Just as individuals must visit doctors for check-ups, they should also have their estate planning documents periodically reviewed by an attorney to verify whether updates are needed given any changes in life circumstance. There are many reasons why an individual’s estate planning documents may require updating. Some of those reasons may include: if an individual’s designated agent(s) have passed away or become incapacitated and no successor agents have been named, or if an individual’s named beneficiaries have passed away and no alternate beneficiaries have been named, or if an individual gets divorced, or if the laws relating to estate planning documents change, or if an individual suddenly needs Medicaid coverage to assist with long term medical costs. While some updates may only require the individual to name additional agents or beneficiaries, other updates, such as those needed to perform Medicaid planning, may require more substantive changes.
In order to create and maintain Medicaid eligibility, it is important for the Medicaid applicant to execute estate planning documents geared to that purpose. Since an individual who needs Medicaid for long term care might eventually lack mental capacity or be unable to physically carry out the requisites for Medicaid planning, a durable power of attorney must grant the individual’s attorney-in-fact certain vital powers. If the durable power of attorney document was executed prior to 2011, however, it is possible for it to lack important powers since Florida law relating to powers of attorney changed in 2011. Common issues that may arise with such stale powers of attorney include the agent lacking the power to create a trust on the principal’s behalf or the power to execute a personal service contract on the principal’s behalf.
If the Medicaid applicant is married, then the applicant’s spouse generally needs a new last will and testament because a spouse typically devises most or all of his/her estate to their spouse.

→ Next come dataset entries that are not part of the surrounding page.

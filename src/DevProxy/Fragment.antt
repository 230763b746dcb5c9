-- ===== src/DevProxy/Fragment.antt =====
-- backend/internal/devproxy/devproxy.go: `Expose`, `Route`, `Render` and `parseStructured`.
pub mod Lines
pub mod RoundTrip
pub mod Whole
use mathlib.Core.Option
use router_docker.Prelude.Maybe.{◌>>=◌, ◌>>◌, check}
use router_docker.Prelude.{
  ℕ, zero, suc, Option, none, some, List, [], ◌∷◌, ◌++◌, map, reverse, Bool, true, false, not, ◌&&◌,
  ltb, ◌==◌, if◌then◌else◌, is_empty, split_last, length,
}
use router_docker.Text.{Bytes, codes, equal, cut_prefix, cut_suffix, has_prefix, split, trim_blank}
use router_docker.DevProxy.ForwardAuth.{
  render_forward_auth, match_forward_auth, strip_tinyauth_cookies, or_else,
}

-- The fields stand in the order in which `validateExpose` and `renderRoute` read them.
pub record Route : Type 0 where
  pub path : Bytes
  pub target : Bytes
  pub strip_prefix : Bytes
  pub rewrite_prefix : Bytes
  pub mode : Bytes
  pub require_auth : Bool

pub record Expose : Type 0 where
  pub name : Bytes
  pub host : Bytes
  pub routes : List Route

abbrev pub line : Bytes → Bytes
line s = s ++ b'\n' ∷ []

unfoldable pub directive_of : Bytes → Bytes
unfolding equal
directive_of mode = if equal mode (codes "route") then codes "route" else codes "handle"

unfoldable pub header_text : Bytes → Bytes → Bytes
header_text directive path =
    if not (is_empty path)
    then codes "\t" ++ (directive ++ (codes " " ++ (path ++ codes " {")))
    else codes "\t" ++ (directive ++ codes " {")

abbrev pub route_header : Route → Bytes
route_header rt = header_text (directive_of rt.mode) rt.path

unfoldable pub render_route : Route → Bytes
unfolding header_text directive_of render_forward_auth
render_route rt =
    line (route_header rt)
    ++ ((if rt.require_auth then render_forward_auth (codes "\t\t") else [])
        ++ ((if not (is_empty rt.strip_prefix)
              then line (codes "\t\turi strip_prefix " ++ rt.strip_prefix)
              else [])
            ++ ((if not (is_empty rt.rewrite_prefix)
                  then line (codes "\t\trewrite * " ++ (rt.rewrite_prefix ++ codes "{uri}"))
                  else [])
                ++ (line (codes "\t\treverse_proxy " ++ (rt.target ++ codes " {"))
                    ++ (line (codes "\t\t\t" ++ strip_tinyauth_cookies)
                        ++ (line (codes "\t\t}") ++ line (codes "\t}")))))))

unfoldable pub render_routes : List Route → Bytes
unfolding render_route
render_routes [] = []
render_routes (rt ∷ rts) = render_route rt ++ render_routes rts

unfoldable pub render : Expose → Bytes
unfolding render_routes
render e =
    line (codes "@" ++ (e.name ++ (codes " host " ++ e.host)))
    ++ (line (codes "handle @" ++ (e.name ++ codes " {"))
        ++ ((if is_empty e.routes then line (codes "\trespond 404") else [])
            ++ (render_routes e.routes ++ line (codes "}"))))

-- the optional group `(?: (.+))?` of `routeHeaderRe`
pub header_path : Bytes → Option Bytes
header_path [] = some []
header_path (c ∷ []) = none
header_path (c ∷ d ∷ s) = if c == 32 then some (d ∷ s) else none

unfoldable pub header_of : Bytes → Bytes → Option Bytes
unfolding cut_prefix header_path
header_of l directive = do
  rest ← cut_prefix l (codes "\t" ++ directive)
  middle ← cut_suffix rest (codes " {")
  header_path middle

-- `routeHeaderRe`, `^\t(route|handle)(?: (.+))? \{$`, on a line: its groups 1 and 2
unfoldable pub match_header : Bytes → Option (Bytes × Bytes)
unfolding header_of
match_header l =
    or_else (Option.map (λ p. (codes "route", p)) (header_of l (codes "route")))
      (Option.map (λ p. (codes "handle", p)) (header_of l (codes "handle")))

next_is_auth : List Bytes → Bool
unfolding has_prefix
next_is_auth [] = false
next_is_auth (l ∷ _) = has_prefix l (codes "\t\tforward_auth ")

-- the auth block; a `forward_auth` of another shape refuses the fragment
unfoldable pub parse_auth : List Bytes → Option (Bool × List Bytes)
unfolding match_forward_auth next_is_auth
parse_auth body = elim (match_forward_auth body (codes "\t\t")) [
  | some rest ↦ some (true, rest)
  | none ↦ if next_is_auth body then none else some (false, body)
]

unfoldable pub parse_strip : List Bytes → Bytes × List Bytes
unfolding cut_prefix
parse_strip [] = ([], [])
parse_strip (l ∷ body) = elim (cut_prefix l (codes "\t\turi strip_prefix ")) [
  | some p ↦ (p, body)
  | none ↦ ([], l ∷ body)
]

unfoldable pub parse_rewrite : List Bytes → Bytes × List Bytes
unfolding cut_prefix
parse_rewrite [] = ([], [])
parse_rewrite (l ∷ body) =
    elim (do p ← cut_prefix l (codes "\t\trewrite * "); cut_suffix p (codes "{uri}")) [
      | some p ↦ (p, body)
      | none ↦ ([], l ∷ body)
    ]

-- the current shape of the `reverse_proxy` block, behind its first line
unfoldable pub parse_proxy_body : Bytes → List Bytes → Option (Bytes × List Bytes)
unfolding equal
parse_proxy_body target (cookies ∷ close ∷ body) =
    if equal cookies (codes "\t\t\t" ++ strip_tinyauth_cookies) && equal close (codes "\t\t}")
    then some (target, body)
    else none
parse_proxy_body target _ = none

proxy_shape : Option Bytes → Bytes → List Bytes → Option (Bytes × List Bytes)
unfolding parse_proxy_body
proxy_shape (some target) line body = parse_proxy_body target body
proxy_shape none line body = some (line, body)

-- both shapes of the `reverse_proxy` directive
unfoldable pub parse_proxy : List Bytes → Option (Bytes × List Bytes)
unfolding cut_prefix proxy_shape
parse_proxy [] = none
parse_proxy (l ∷ body) = do
  p ← cut_prefix l (codes "\t\treverse_proxy ")
  proxy_shape (cut_suffix p (codes " {")) p body

unfoldable pub parse_close : List Bytes → Option (List Bytes)
unfolding equal
parse_close [] = none
parse_close (l ∷ body) = if equal l (codes "\t}") then some body else none

-- `parseRoute(body, i)`, with the lines past the route
unfoldable pub parse_route : List Bytes → Option (Route × List Bytes)
unfolding match_header parse_auth parse_strip parse_rewrite parse_proxy parse_close
parse_route [] = none
parse_route (l ∷ body) = do
  header ← match_header l
  auth ← parse_auth body
  let strip = parse_strip auth.1
  let rewrite = parse_rewrite strip.1
  proxy ← parse_proxy rewrite.1
  rest ← parse_close proxy.1
  some (
    record {
      path = header.1;
      target = proxy.0;
      strip_prefix = strip.0;
      rewrite_prefix = rewrite.0;
      mode = header.0;
      require_auth = auth.0;
    },
    rest,
  )

-- `for i < len(body)`, with as much fuel as there are lines
unfoldable pub parse_routes : ℕ → List Bytes → Option (List Route)
unfolding parse_route
parse_routes fuel [] = some []
parse_routes zero (l ∷ body) = none
parse_routes (suc fuel) (l ∷ body) = do
  found ← parse_route (l ∷ body)
  rts ← parse_routes fuel found.1
  some (found.0 ∷ rts)

abbrev pub is_placeholder : List Bytes → Bool
is_placeholder (l ∷ []) = equal l (codes "\trespond 404")
is_placeholder _ = false

-- the checks on the first two lines and the last one; three lines at least
unfoldable pub parse_lines : Bytes → List Bytes → Option Expose
unfolding cut_prefix equal parse_routes
parse_lines name (l0 ∷ l1 ∷ ls) = do
  host ← cut_prefix l0 (codes "@" ++ (name ++ codes " host "))
  check (equal l1 (codes "handle @" ++ (name ++ codes " {")))
  ends ← split_last ls
  check (equal ends.1 (codes "}"))
  routes ← if is_placeholder ends.0 then some [] else parse_routes (length ends.0) ends.0
  some (record { name = name; host = host; routes = routes })
parse_lines name _ = none

unfoldable pub parse_structured : Bytes → Bytes → Option Expose
unfolding trim_blank split parse_lines
parse_structured name content = parse_lines name (trim_blank (split b'\n' content))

This causes a problem, however, since a Medicaid recipient who receives an inheritance is likely to exceed Medicaid’s $2,000 asset cap, thereby causing loss of Medicaid coverage upon receipt of the inheritance. Even if the spouse attempts to disinherit the Medicaid recipient to circumvent this issue, under Florida’s spousal elective share law, the disinherited spouse is entitled to claim 30% of the deceased spouse’s estate. To avoid this problem, the Medicaid recipient’s spouse must execute a last will and testament that creates a qualified elective share special needs trust. This satisfies Florida’s spousal elective share, but does so by keeping the money in a qualified elective share special needs trust, which preserves the Medicaid applicant’s eligibility since money held in such a trust does not constitute a countable asset.
Although there are many reasons to have your estate planning documents reviewed, it is especially important for individuals contemplating Medicaid planning. To that end, an Elder law attorney can ascertain whether your current estate planning documents are adequate for Medicaid planning purposes.